**Records for the exercise:**
━━━━━━━━━━━━━━━━
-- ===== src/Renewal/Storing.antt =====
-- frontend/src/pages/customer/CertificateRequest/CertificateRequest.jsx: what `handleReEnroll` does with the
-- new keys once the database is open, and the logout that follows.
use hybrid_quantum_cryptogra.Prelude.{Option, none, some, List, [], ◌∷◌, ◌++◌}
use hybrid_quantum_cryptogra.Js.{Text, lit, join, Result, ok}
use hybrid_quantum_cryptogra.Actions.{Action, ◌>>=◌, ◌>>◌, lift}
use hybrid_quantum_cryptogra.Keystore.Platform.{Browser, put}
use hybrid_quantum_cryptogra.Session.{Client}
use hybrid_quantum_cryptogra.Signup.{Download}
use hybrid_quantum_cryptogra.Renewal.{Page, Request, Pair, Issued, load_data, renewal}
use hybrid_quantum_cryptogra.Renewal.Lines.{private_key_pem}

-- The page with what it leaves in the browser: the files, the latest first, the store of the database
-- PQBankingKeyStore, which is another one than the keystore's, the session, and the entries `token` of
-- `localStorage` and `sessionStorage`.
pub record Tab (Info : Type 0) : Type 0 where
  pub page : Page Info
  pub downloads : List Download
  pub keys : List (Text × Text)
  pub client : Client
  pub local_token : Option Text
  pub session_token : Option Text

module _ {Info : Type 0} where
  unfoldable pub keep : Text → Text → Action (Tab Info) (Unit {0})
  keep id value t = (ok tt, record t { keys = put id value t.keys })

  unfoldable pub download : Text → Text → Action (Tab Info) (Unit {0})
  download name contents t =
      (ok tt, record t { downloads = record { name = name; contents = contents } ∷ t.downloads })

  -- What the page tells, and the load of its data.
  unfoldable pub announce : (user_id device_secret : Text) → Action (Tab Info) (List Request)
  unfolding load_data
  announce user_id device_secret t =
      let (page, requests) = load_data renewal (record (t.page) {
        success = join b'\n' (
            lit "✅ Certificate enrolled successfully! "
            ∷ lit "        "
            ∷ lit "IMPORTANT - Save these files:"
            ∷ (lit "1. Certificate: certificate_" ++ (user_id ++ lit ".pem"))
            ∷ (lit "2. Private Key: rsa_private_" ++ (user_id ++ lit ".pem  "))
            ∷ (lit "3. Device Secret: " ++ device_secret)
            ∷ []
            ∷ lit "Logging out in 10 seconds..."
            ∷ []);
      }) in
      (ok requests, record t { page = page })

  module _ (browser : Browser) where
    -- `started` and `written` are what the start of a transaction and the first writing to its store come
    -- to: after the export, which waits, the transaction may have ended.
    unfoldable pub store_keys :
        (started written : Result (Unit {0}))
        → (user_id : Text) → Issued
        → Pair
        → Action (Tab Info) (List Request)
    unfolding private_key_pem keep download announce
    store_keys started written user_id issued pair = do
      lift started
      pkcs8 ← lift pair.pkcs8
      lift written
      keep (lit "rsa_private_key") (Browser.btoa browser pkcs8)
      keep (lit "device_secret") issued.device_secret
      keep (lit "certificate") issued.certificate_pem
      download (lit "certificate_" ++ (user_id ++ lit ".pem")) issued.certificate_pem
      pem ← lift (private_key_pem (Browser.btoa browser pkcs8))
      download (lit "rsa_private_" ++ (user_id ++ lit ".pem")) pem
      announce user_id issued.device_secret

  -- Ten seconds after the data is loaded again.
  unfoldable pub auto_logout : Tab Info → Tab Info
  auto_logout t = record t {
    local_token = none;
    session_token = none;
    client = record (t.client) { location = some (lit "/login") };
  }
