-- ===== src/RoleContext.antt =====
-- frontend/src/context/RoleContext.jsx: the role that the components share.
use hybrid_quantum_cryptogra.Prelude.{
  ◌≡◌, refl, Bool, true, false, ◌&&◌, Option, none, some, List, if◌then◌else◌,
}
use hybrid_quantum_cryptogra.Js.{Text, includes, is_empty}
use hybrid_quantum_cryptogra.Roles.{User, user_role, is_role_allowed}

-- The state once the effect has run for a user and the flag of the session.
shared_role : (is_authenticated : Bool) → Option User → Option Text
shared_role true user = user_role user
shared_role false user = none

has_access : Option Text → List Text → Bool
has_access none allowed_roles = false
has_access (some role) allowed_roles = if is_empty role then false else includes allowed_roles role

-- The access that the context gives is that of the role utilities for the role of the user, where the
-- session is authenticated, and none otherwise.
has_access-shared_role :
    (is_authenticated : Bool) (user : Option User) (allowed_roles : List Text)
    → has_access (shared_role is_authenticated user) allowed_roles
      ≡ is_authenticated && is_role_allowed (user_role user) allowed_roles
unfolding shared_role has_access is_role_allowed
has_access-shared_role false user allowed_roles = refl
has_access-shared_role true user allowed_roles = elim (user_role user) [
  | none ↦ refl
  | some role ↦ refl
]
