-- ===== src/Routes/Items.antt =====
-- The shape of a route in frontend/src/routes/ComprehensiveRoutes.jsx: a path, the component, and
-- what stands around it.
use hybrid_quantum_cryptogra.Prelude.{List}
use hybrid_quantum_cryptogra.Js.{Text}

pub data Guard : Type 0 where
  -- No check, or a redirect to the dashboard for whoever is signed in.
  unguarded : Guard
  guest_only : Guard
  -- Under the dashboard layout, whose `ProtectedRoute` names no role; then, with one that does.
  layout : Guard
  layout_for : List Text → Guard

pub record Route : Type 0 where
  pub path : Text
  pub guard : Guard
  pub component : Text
━━━━━━━━━━━━━━━━
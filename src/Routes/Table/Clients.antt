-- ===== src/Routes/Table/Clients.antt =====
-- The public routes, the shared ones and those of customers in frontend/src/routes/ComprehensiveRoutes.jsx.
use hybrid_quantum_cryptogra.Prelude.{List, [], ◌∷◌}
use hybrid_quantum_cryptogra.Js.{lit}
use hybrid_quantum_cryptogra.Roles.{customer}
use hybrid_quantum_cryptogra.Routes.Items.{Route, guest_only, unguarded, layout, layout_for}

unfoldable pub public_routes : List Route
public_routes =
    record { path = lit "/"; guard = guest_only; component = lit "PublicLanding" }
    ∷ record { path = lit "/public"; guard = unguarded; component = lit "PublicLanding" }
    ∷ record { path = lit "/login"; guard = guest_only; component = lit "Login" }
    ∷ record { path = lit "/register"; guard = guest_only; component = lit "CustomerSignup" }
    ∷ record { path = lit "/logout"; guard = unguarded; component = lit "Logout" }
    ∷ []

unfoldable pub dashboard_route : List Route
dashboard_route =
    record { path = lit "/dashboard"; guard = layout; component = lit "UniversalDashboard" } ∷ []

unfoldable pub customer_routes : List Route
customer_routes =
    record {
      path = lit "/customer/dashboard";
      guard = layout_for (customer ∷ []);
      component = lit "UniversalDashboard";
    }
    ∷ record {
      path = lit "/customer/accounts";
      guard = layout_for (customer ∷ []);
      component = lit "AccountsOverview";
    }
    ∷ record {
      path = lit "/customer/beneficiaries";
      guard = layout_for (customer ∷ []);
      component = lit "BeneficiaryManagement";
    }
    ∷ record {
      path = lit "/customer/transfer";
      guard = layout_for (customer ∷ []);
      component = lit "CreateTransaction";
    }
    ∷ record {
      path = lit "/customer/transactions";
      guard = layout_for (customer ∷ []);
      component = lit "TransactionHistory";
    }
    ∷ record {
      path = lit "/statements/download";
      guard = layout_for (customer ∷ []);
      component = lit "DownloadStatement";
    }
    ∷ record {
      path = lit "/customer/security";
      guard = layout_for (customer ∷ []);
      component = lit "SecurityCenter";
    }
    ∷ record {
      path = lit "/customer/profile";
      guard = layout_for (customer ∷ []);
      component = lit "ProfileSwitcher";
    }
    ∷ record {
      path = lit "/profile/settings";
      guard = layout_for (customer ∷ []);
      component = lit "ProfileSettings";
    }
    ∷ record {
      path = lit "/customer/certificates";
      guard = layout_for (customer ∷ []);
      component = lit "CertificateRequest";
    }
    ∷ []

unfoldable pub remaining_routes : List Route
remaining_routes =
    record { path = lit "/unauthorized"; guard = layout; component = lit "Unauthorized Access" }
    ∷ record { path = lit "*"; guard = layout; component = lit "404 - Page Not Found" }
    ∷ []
━━━━━━━━━━━━━━━━
**Task:**
In the data above, start at the line that has "-- ===== src/Renewal/Storing.antt", stop after the line that has "-- The page", and print every line in between exactly as it stands.

**Answer below:**
-- ===== src/Renewal/Storing.antt =====
-- frontend/src/pages/customer/CertificateRequest/CertificateRequest.jsx: what `handleReEnroll` does with the
-- new keys once the database is open, and the logout that follows.
use hybrid_quantum_cryptogra.Prelude.{Option, none, some, List, [], ◌∷◌, ◌++◌}
use hybrid_quantum_cryptogra.Js.{Text, lit, join, Result, ok}
use hybrid_quantum_cryptogra.Actions.{Action, ◌>>=◌, ◌>>◌, lift}
use hybrid_quantum_cryptogra.Keystore.Platform.{Browser, put}
use hybrid_quantum_cryptogra.Session.{Client}
use hybrid_quantum_cryptogra.Signup.{Download}
use hybrid_quantum_cryptogra.Renewal.{Page, Request, Pair, Issued, load_data, renewal}
use hybrid_quantum_cryptogra.Renewal.Lines.{private_key_pem}

-- The page with what it leaves in the browser: the files, the latest first, the store of the database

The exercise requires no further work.